▶ **PROBLEM TO SOLVE**: A stretch of the entries below is to be set down exactly, running from the line with "unfolding call_back" through the line with "run_script-IsBusy pool (in_tick", both included, and no other line.

= Beginning of Section =

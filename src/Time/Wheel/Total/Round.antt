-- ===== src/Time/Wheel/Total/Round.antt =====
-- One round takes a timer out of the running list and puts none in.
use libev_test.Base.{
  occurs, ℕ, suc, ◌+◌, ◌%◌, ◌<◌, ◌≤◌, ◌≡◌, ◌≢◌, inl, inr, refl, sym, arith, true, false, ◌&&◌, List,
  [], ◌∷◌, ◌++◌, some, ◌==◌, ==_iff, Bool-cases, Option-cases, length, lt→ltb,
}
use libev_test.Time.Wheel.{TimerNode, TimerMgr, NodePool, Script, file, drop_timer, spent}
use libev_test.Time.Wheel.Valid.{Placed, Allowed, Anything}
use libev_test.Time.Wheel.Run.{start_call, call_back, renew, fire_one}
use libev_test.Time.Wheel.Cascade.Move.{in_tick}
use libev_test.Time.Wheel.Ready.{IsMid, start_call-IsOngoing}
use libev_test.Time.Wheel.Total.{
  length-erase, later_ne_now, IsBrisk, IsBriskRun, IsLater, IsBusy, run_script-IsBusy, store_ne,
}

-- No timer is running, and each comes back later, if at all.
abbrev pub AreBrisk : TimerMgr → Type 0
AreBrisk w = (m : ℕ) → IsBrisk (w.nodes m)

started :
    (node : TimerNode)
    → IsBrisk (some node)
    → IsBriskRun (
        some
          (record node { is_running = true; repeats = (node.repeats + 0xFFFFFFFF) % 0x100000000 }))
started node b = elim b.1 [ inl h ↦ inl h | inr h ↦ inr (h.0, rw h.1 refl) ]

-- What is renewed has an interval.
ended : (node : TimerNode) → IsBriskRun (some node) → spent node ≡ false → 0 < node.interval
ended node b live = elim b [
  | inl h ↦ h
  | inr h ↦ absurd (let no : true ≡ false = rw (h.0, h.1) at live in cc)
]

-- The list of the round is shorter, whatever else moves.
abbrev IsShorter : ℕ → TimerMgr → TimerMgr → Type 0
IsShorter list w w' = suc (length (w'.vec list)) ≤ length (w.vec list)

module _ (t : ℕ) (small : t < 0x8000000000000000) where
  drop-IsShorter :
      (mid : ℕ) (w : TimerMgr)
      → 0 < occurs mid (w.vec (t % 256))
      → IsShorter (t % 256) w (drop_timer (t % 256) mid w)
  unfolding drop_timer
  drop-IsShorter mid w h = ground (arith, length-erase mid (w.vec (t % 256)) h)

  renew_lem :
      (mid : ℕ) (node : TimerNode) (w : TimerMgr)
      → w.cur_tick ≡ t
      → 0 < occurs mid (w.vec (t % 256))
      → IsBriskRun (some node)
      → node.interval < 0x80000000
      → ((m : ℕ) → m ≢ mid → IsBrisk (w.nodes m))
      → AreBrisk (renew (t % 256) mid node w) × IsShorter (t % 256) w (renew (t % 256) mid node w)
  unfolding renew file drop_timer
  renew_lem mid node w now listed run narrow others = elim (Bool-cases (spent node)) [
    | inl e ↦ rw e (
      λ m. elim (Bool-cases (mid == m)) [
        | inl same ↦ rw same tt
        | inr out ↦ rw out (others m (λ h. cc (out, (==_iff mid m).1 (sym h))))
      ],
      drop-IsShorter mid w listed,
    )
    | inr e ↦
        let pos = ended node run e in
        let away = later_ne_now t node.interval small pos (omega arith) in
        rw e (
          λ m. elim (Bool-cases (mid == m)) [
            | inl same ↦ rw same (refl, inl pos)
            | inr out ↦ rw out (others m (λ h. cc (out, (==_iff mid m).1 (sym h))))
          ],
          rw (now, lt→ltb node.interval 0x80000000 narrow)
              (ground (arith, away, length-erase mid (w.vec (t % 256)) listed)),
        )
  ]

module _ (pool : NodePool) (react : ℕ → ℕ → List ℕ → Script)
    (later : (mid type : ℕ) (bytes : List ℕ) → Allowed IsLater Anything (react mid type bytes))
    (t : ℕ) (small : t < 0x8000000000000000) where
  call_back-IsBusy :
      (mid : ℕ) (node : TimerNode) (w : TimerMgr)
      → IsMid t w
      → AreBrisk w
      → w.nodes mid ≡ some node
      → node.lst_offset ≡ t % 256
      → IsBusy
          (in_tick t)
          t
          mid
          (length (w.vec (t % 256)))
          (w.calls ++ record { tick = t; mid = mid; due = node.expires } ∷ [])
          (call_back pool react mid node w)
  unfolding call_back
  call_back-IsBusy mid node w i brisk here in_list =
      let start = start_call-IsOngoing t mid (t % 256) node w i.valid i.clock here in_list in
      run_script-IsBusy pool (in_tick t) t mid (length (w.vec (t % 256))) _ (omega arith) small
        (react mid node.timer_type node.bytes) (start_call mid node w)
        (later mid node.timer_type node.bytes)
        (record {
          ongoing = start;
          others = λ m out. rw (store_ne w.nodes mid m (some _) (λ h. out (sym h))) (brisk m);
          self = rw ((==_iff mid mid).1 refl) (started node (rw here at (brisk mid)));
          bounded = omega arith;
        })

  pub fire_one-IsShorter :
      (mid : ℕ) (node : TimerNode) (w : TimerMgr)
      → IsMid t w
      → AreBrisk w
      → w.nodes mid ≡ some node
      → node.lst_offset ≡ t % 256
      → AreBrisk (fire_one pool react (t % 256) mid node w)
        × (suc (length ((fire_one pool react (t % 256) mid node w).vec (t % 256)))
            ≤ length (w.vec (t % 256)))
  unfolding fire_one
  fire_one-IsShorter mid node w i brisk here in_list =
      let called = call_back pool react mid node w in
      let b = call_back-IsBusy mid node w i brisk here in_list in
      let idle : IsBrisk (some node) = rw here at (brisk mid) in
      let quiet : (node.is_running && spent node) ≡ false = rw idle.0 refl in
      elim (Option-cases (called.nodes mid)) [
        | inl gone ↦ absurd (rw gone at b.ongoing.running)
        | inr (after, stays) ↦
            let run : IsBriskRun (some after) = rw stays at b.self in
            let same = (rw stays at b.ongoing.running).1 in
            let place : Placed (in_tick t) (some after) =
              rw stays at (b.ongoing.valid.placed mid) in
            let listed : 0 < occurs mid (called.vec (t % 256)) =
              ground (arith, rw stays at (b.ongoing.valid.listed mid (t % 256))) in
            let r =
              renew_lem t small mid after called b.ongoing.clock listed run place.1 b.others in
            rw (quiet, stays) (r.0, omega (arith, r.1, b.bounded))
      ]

= End of Section =

▶ **TASK RESPONSE**:
  unfolding call_back
  call_back-IsBusy mid node w i brisk here in_list =
      let start = start_call-IsOngoing t mid (t % 256) node w i.valid i.clock here in_list in
      run_script-IsBusy pool (in_tick t) t mid (length (w.vec (t % 256))) _ (omega arith) small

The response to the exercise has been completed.